> [Assignment]
Repeat every entry below exactly as given.

[Collected data]

####################

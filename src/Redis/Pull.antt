-- ===== src/Redis/Pull.antt =====
-- sentinel_redis.c: the pull of remote bans, SCAN and then GET for each key. `strlen` is
-- NGX_SOCKADDR_STRLEN; an allocation that may fail is part of `World.accepts`: either way the GET
-- is not issued.
use nginx_http_sentinel_modu.Prelude.{
  ℕ, ◌+◌, ◌-◌, Bool, false, [], ◌∷◌, ◌++◌, Option, none, some, leb, ◌==◌, ◌&&◌, ◌||◌, if◌then◌else◌,
  length, take, drop, Bytes, codes, strncmp_eq,
}
use nginx_http_sentinel_modu.Score.{cs_ban, cs_captcha, cs_throttle}
use nginx_http_sentinel_modu.Shm.Zone.{Zone}
use nginx_http_sentinel_modu.Shm.Crowdsec.{crowdsec_upsert}
use nginx_http_sentinel_modu.Redis.{Client, World, RedisConf, scan, get, is_up}
use nginx_http_sentinel_modu.Redis.Cursor.{parse_cursor}

-- `redisReply`: nothing, a string, an array, or another type (an error among them).
mutual
  pub data Reply : Type 0 where
    missing : Reply
    text : Bytes → Reply
    array : Replies → Reply
    other : Reply

  pub data Replies : Type 0 where
    end : Replies
    cell : Reply → Replies → Replies

-- The C string in a buffer, `none` when the buffer has no NUL.
unfoldable pub c_string : Bytes → Option Bytes
c_string [] = none
c_string (c ∷ b) =
    if c == 0 then some [] else elim (c_string b) [ none ↦ none | some s ↦ some (c ∷ s) ]

-- The C string in data behind which hiredis has put a NUL.
unfoldable pub until_nul : Bytes → Bytes
until_nul [] = []
until_nul (c ∷ b) = if c == 0 then [] else c ∷ until_nul b

-- `sentinel_redis_action`
unfoldable pub redis_action : Bytes → ℕ
redis_action s =
    if length s == 3 && strncmp_eq s (codes "ban") 3
    then cs_ban
    else if length s == 7 && strncmp_eq s (codes "captcha") 7
    then cs_captcha
    else if length s == 8 && strncmp_eq s (codes "throttle") 8
    then cs_throttle
    else cs_ban

-- `memchr (str, ' ', len)`: what stands before and behind the first space.
unfoldable pub cut_space : Bytes → Option (Bytes × Bytes)
cut_space [] = none
cut_space (c ∷ s) =
    if c == 32
    then some ([], s)
    else elim (cut_space s) [ none ↦ none | some (a, b) ↦ some (c ∷ a, b) ]

-- The two functions of libraries that a GET reply goes through: `ngx_atoi` and `SHA256`.
pub record ReplyLib : Type 0 where
  pub atoi : Bytes → Option ℕ
  pub sha256 : Bytes → Bytes

-- The upsert of a pulled ban, in the table's current generation.
abbrev pub store_pulled : ReplyLib → Zone → Bytes → ℕ → ℕ → ℕ → Bool → Option Zone
store_pulled lib z ip action expiry now fits =
    (crowdsec_upsert (some z) (lib.sha256 ip)
      (record { expiry = expiry; action = action; generation = z.cs_generation; redis_pulled = 1 })
      now fits).1

-- The expiry that a reply carries, when it is a number and still to come.
unfoldable pub live_expiry : ReplyLib → Bytes → ℕ → Option ℕ
live_expiry lib s now = elim (lib.atoi s) [
  | none ↦ none
  | some e ↦ if leb e now then none else some e
]

-- The value `<action> <expiry>` of a reply.
unfoldable pub ban_value : ReplyLib → Bytes → ℕ → Option (ℕ × ℕ)
ban_value lib value now = elim (cut_space value) [
  | none ↦ none
  | some (a, e) ↦ elim (live_expiry lib e now) [
    | none ↦ none
    | some expiry ↦ some (redis_action a, expiry)
  ]
]

-- `sentinel_redis_get_reply`; `ip` is the heap copy that the GET was issued with.
unfoldable pub get_reply : ReplyLib → Option Zone → Reply → Bytes → ℕ → Bool → Option Zone
get_reply lib (some z) (text (c ∷ s)) ip now fits = elim (ban_value lib (c ∷ s) now) [
  | none ↦ some z
  | some (action, expiry) ↦ store_pulled lib z (until_nul ip) action expiry now fits
]
get_reply lib z reply ip now fits = z

-- `<prefix>:ban:` and the pattern of the SCAN in its buffer, its NUL included.
abbrev pub ban_infix : Bytes
ban_infix = codes ":ban:"

unfoldable pub match_pattern : ℕ → Bytes → Option Bytes
match_pattern strlen prefix = c_string (take (strlen + 64) (prefix ++ (codes ":ban:*" ++ (0 ∷ []))))

-- `sentinel_redis_pull_step`
unfoldable pub pull_step : ℕ → World → RedisConf → Client → Client
pull_step strlen w conf c =
    let cmd = scan c.scan_cursor (match_pattern strlen conf.prefix) in
    if c.ac && is_up c.state && w.accepts cmd
    then record c { sent = c.sent ++ (cmd ∷ []) }
    else record c { pull_inflight = false }

-- The GET for one element of the key array.
unfoldable pub get_key : ℕ → World → RedisConf → Reply → Client → Client
get_key strlen w conf (text k) c =
    let plen = length conf.prefix + length ban_infix in
    let cmd = get (until_nul k) (drop plen k) in
    if leb (length k) plen || leb strlen (length k - plen)
    then c
    else if w.accepts cmd
    then record c { sent = c.sent ++ (cmd ∷ []) }
    else c
get_key strlen w conf _ c = c

unfoldable pub get_keys : ℕ → World → RedisConf → Replies → Client → Client
get_keys strlen w conf end c = c
get_keys strlen w conf (cell k ks) c = get_keys strlen w conf ks (get_key strlen w conf k c)

abbrev pub get_array : ℕ → World → RedisConf → Reply → Client → Client
get_array strlen w conf (array ks) c = get_keys strlen w conf ks c
get_array strlen w conf _ c = c

abbrev pub cursor_of : Reply → ℕ
cursor_of (text s) = parse_cursor s
cursor_of _ = 0

-- The end of sentinel_redis_scan_reply: another step or the end of the pass.
unfoldable pub continue_scan : ℕ → World → RedisConf → Client → Client
continue_scan strlen w conf c =
    let next = pull_step strlen w conf c in
    if c.scan_cursor == 0 then record c { pull_inflight = false } else next

-- `sentinel_redis_scan_reply`
unfoldable pub scan_reply : ℕ → World → RedisConf → Reply → Client → Client
scan_reply strlen w conf (array (cell cur (cell keys end))) c =
    continue_scan strlen w conf
      (get_array strlen w conf keys (record c { scan_cursor = cursor_of cur }))
scan_reply strlen w conf _ c = record c { pull_inflight = false }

####################

> [Task result]
filename src/Redis/Pull.antt
-- ===== src/Redis/Pull.antt =====
-- sentinel_redis.c: the pull of remote bans, SCAN and then GET for each key. `strlen` is
-- NGX_SOCKADDR_STRLEN; an allocation that may fail is part of `World.accepts`: either way the GET
-- is not issued.
use nginx_http_sentinel_modu.Prelude.{
  ℕ, ◌+◌, ◌-◌, Bool, false, [], ◌∷◌, ◌++◌, Option, none, some, leb, ◌==◌, ◌&&◌, ◌||◌, if◌then◌else◌,
  length, take, drop, Bytes, codes, strncmp_eq,
}
use nginx_http_sentinel_modu.Score.{cs_ban, cs_captcha, cs_throttle}
use nginx_http_sentinel_modu.Shm.Zone.{Zone}
use nginx_http_sentinel_modu.Shm.Crowdsec.{crowdsec_upsert}
use nginx_http_sentinel_modu.Redis.{Client, World, RedisConf, scan, get, is_up}
use nginx_http_sentinel_modu.Redis.Cursor.{parse_cursor}

-- `redisReply`: nothing, a string, an array, or another type (an error among them).
mutual
  pub data Reply : Type 0 where
    missing : Reply
    text : Bytes → Reply
    array : Replies → Reply
    other : Reply

  pub data Replies : Type 0 where
    end : Replies
    cell : Reply → Replies → Replies

-- The C string in a buffer, `none` when the buffer has no NUL.
unfoldable pub c_string : Bytes → Option Bytes
c_string [] = none
c_string (c ∷ b) =
    if c == 0 then some [] else elim (c_string b) [ none ↦ none | some s ↦ some (c ∷ s) ]

-- The C string in data behind which hiredis has put a NUL.
unfoldable pub until_nul : Bytes → Bytes
until_nul [] = []
until_nul (c ∷ b) = if c == 0 then [] else c ∷ until_nul b

-- `sentinel_redis_action`
unfoldable pub redis_action : Bytes → ℕ
redis_action s =
    if length s == 3 && strncmp_eq s (codes "ban") 3
    then cs_ban
    else if length s == 7 && strncmp_eq s (codes "captcha") 7
    then cs_captcha
    else if length s == 8 && strncmp_eq s (codes "throttle") 8
    then cs_throttle
    else cs_ban

-- `memchr (str, ' ', len)`: what stands before and behind the first space.
unfoldable pub cut_space : Bytes → Option (Bytes × Bytes)
cut_space [] = none
cut_space (c ∷ s) =
    if c == 32
    then some ([], s)
    else elim (cut_space s) [ none ↦ none | some (a, b) ↦ some (c ∷ a, b) ]

-- The two functions of libraries that a GET reply goes through: `ngx_atoi` and `SHA256`.
pub record ReplyLib : Type 0 where
  pub atoi : Bytes → Option ℕ
  pub sha256 : Bytes → Bytes

-- The upsert of a pulled ban, in the table's current generation.
abbrev pub store_pulled : ReplyLib → Zone → Bytes → ℕ → ℕ → ℕ → Bool → Option Zone
store_pulled lib z ip action expiry now fits =
    (crowdsec_upsert (some z) (lib.sha256 ip)
      (record { expiry = expiry; action = action; generation = z.cs_generation; redis_pulled = 1 })
      now fits).1

-- The expiry that a reply carries, when it is a number and still to come.
unfoldable pub live_expiry : ReplyLib → Bytes → ℕ → Option ℕ
live_expiry lib s now = elim (lib.atoi s) [
  | none ↦ none
  | some e ↦ if leb e now then none else some e
]

-- The value `<action> <expiry>` of a reply.
unfoldable pub ban_value : ReplyLib → Bytes → ℕ → Option (ℕ × ℕ)
ban_value lib value now = elim (cut_space value) [
  | none ↦ none
  | some (a, e) ↦ elim (live_expiry lib e now) [
    | none ↦ none
    | some expiry ↦ some (redis_action a, expiry)
  ]
]

-- `sentinel_redis_get_reply`; `ip` is the heap copy that the GET was issued with.
unfoldable pub get_reply : ReplyLib → Option Zone → Reply → Bytes → ℕ → Bool → Option Zone
get_reply lib (some z) (text (c ∷ s)) ip now fits = elim (ban_value lib (c ∷ s) now) [
  | none ↦ some z
  | some (action, expiry) ↦ store_pulled lib z (until_nul ip) action expiry now fits
]
get_reply lib z reply ip now fits = z

-- `<prefix>:ban:` and the pattern of the SCAN in its buffer, its NUL included.
abbrev pub ban_infix : Bytes
ban_infix = codes ":ban:"

unfoldable pub match_pattern : ℕ → Bytes → Option Bytes
match_pattern strlen prefix = c_string (take (strlen + 64) (prefix ++ (codes ":ban:*" ++ (0 ∷ []))))

-- `sentinel_redis_pull_step`
unfoldable pub pull_step : ℕ → World → RedisConf → Client → Client
pull_step strlen w conf c =
    let cmd = scan c.scan_cursor (match_pattern strlen conf.prefix) in
    if c.ac && is_up c.state && w.accepts cmd
    then record c { sent = c.sent ++ (cmd ∷ []) }
    else record c { pull_inflight = false }

-- The GET for one element of the key array.
unfoldable pub get_key : ℕ → World → RedisConf → Reply → Client → Client
get_key strlen w conf (text k) c =
    let plen = length conf.prefix + length ban_infix in
    let cmd = get (until_nul k) (drop plen k) in
    if leb (length k) plen || leb strlen (length k - plen)
    then c
    else if w.accepts cmd
    then record c { sent = c.sent ++ (cmd ∷ []) }
    else c
get_key strlen w conf _ c = c

unfoldable pub get_keys : ℕ → World → RedisConf → Replies → Client → Client
get_keys strlen w conf end c = c
get_keys strlen w conf (cell k ks) c = get_keys strlen w conf ks (get_key strlen w conf k c)

abbrev pub get_array : ℕ → World → RedisConf → Reply → Client → Client
get_array strlen w conf (array ks) c = get_keys strlen w conf ks c
get_array strlen w conf _ c = c

abbrev pub cursor_of : Reply → ℕ
cursor_of (text s) = parse_cursor s
cursor_of _ = 0

-- The end of sentinel_redis_scan_reply: another step or the end of the pass.
unfoldable pub continue_scan : ℕ → World → RedisConf → Client → Client
continue_scan strlen w conf c =
    let next = pull_step strlen w conf c in
    if c.scan_cursor == 0 then record c { pull_inflight = false } else next

-- `sentinel_redis_scan_reply`
unfoldable pub scan_reply : ℕ → World → RedisConf → Reply → Client → Client
scan_reply strlen w conf (array (cell cur (cell keys end))) c =
    continue_scan strlen w conf
      (get_array strlen w conf keys (record c { scan_cursor = cursor_of cur }))
scan_reply strlen w conf _ c = record c { pull_inflight = false }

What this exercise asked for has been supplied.